With initialized data, we turn our attention to training individual models which we describe in the following subsections.

### Experiment Tracking

We rely on [Guild AI](https://guild.ai) tool to automate and track our experiments. The reader is encouraged to familiarize itself with the provided `guild.yml` file which defines each experiment in this paper. Because some experiments are interconnected, we describe here the exact order in which they need to be run. Before invoking the training scripts, consult the `guild.yml` file to ensure all of the necessary file dependencies are met.

### 1. Clinician Policy

To train the clinician policy used during weighted importance sampling (WIS) evaluation, it suffices to run:

```bash
guild run clinician:train
```

### 2. Judge 

To train the judge model, it suffices to run:

```bash
guild run judge:train
```

This script will additionally create the preference dataset $\mathcal{D}$ from the paper (see generated artifacts `train_preferences.pt`, `val_preferences.pt` and `test_preferences.pt`). These preferences are then used in all reported experiments.
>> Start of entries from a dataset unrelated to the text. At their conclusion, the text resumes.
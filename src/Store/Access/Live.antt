-- ===== src/Store/Access/Live.antt =====
-- access_sessions.go: what the statements that resolve a session by its tokens ask of its row, and of
-- the rows that it refers to, in words that do not use them.
use device_management_platfo.Base.{
  ℕ, ◌≡◌, refl, String, true, ◌&&◌, Option, none, some, ◌==◌, eq_iff, arith, is_some, IsIn,
  exists-IsIn, ok,
}
use device_management_platfo.Store.Schema.{
  Db, User, AccessSession, AuthSession, Status, active, is_active, TextOrder,
}
use device_management_platfo.Store.Access.{
  EndpointRoute, endpoint_route, joins, is_user, enabled_user,
}
use device_management_platfo.Store.Access.Grants.{resolvable, live, auth_live}

pub is_active_iff : (status : Status) → is_active status ≡ true → status ≡ active
is_active_iff status h = ground arith

module _ (later : TextOrder) where
  -- A login session that stands: active, not expired, seen after the cutoff, of an enabled user.
  abbrev pub IsLoginOf : Db → ℕ → ℕ → AccessSession → AuthSession → Type 0
  IsLoginOf db now cutoff s a =
      IsIn a db.auth_sessions
      × (a.id ≡ s.auth_session_id)
      × (s.user_id ≡ some a.user_id)
      × (a.status ≡ active)
      × (later a.expires_at now ≡ true)
      × (later a.last_seen_at cutoff ≡ true)
      × ((u : User) × IsIn u db.users × (u.id ≡ a.user_id) × (u.enabled ≡ true))

  -- An exchanged session of the two tokens that stands, with a login session that stands.
  abbrev pub IsStanding : Db → String → String → ℕ → ℕ → AccessSession → Type 0
  IsStanding db token_hash grant_hash now cutoff s =
      (s.token_hash ≡ token_hash)
      × (s.grant_hash ≡ grant_hash)
      × ((at : ℕ) × (s.grant_exchanged_at ≡ some at))
      × (s.status ≡ active)
      × (later s.expires_at now ≡ true)
      × (later s.last_seen_at cutoff ≡ true)
      × ((a : AuthSession) × IsLoginOf db now cutoff s a)

  exchanged_at : (o : Option ℕ) → is_some o ≡ true → (at : ℕ) × (o ≡ some at)
  exchanged_at (some at) h = (at, refl)
  exchanged_at none h = absurd (cc h)

  is_user-some : (o : Option String) (id : String) → is_user o id ≡ true → o ≡ some id
  is_user-some (some x) id h = rw ((eq_iff x id).0 h) refl
  is_user-some none id h = absurd (cc h)

  auth_live-IsLoginOf :
      (db : Db) (now cutoff : ℕ) (s : AccessSession)
      → auth_live later db now cutoff s ≡ true
      → (a : AuthSession) × IsLoginOf db now cutoff s a
  unfolding auth_live enabled_user
  auth_live-IsLoginOf db now cutoff s h =
      let (a, there, all) = exists-IsIn _ db.auth_sessions h in
      let (u, known, both) =
        exists-IsIn (λ u. u.id == a.user_id && u.enabled) db.users (ground (arith, all)) in
      (
        a,
        (
          there,
          (eq_iff a.id s.auth_session_id).0 (ground (arith, all)),
          is_user-some s.user_id a.user_id (ground (arith, all)),
          is_active_iff a.status (ground (arith, all)),
          ground (arith, all),
          ground (arith, all),
          (u, known, (eq_iff u.id a.user_id).0 (ground (arith, both)), ground (arith, both)),
        ),
      )

  pub resolvable-IsStanding :
      (db : Db) (token_hash grant_hash : String) (now cutoff : ℕ) (s : AccessSession)
      → resolvable later db token_hash grant_hash now cutoff s ≡ true
      → IsStanding db token_hash grant_hash now cutoff s
  unfolding resolvable live
  resolvable-IsStanding db token_hash grant_hash now cutoff s h = (
    (eq_iff s.token_hash token_hash).0 (ground (arith, h)),
    (eq_iff s.grant_hash grant_hash).0 (ground (arith, h)),
    exchanged_at s.grant_exchanged_at (ground (arith, h)),
    is_active_iff s.status (ground (arith, h)),
    ground (arith, h),
    ground (arith, h),
    auth_live-IsLoginOf db now cutoff s (ground (arith, h)),
  )

  pub resolvable-project :
      (db : Db) (token_hash grant_hash : String) (now cutoff : ℕ) (s : AccessSession)
      (route : EndpointRoute)
      → resolvable later db token_hash grant_hash now cutoff s ≡ true
      → endpoint_route db s.endpoint_id ≡ ok route
      → route.project_id ≡ s.project_id
  unfolding resolvable joins
  resolvable-project db token_hash grant_hash now cutoff s route h routed =
      (eq_iff route.project_id s.project_id).0 (ground (arith, h, routed))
### 3. Isolated Argumentative Agent

To train the *isolated* argumentator, it suffices to run:

```bash
guild run argumentator:train
```

We refer the reader to `guild.yml` file where further details.

### 4. Debate Agents

To train the *self-play* argumentator, it suffices to run:

```bash
guild run debate:train
```

Likewise, to train the *maxmin* version, simply replace `train` suffix with `train-minimax`. We refer the reader to `guild.yml` file for further details.

### 5. Confuser Agents

To train the *confuser* agent, first update the `guild.yml` file to specify its opponent (i.e., one of the agents trained in the previous two sections). Then, it suffices to run:

```bash
guild run confuser:train
```

### 6. Baseline and Justifiable Agents

#### Baseline Agent

To train a baseline agent, first refer to the `guild.yml` configuration and ensure all dependencies are met. In addition, set the `lmbd-justifiability` parameter to $0$ ($\lambda$ from the paper). Then, it suffices to run:

```bash
guild run protagonist-ddqn:train
```

The command will train the baseline agent using $5$ random seeds.

#### Justifiable Agent

To train the justifiable agent, first change the `lmbd-justifiability` to a desired value and ensure you pass the path to the baseline policy trained in the previous section using an argument `baseline-path`. Also, ensure any lambda-specific hyperparameters (in particular, just one, namely `n-estimation-step`) is properly set for that particular lambda value (see App. C.3 of the paper).

## Evaluation

After training all agents, we perform their evaluation in two notebooks. First, to evaluate argumentative agents, run the `notebooks/eval_argumentation.ipynb` notebook. Next, to evaluate sepsis agents, run the `notebooks/eval_protagonist.ipynb` notebook. These two notebooks will generate a bunch of *.csv files that will be stored in the `results/` directory. To generate plots, it suffices to run `notebooks/plots.ipynb` notebook.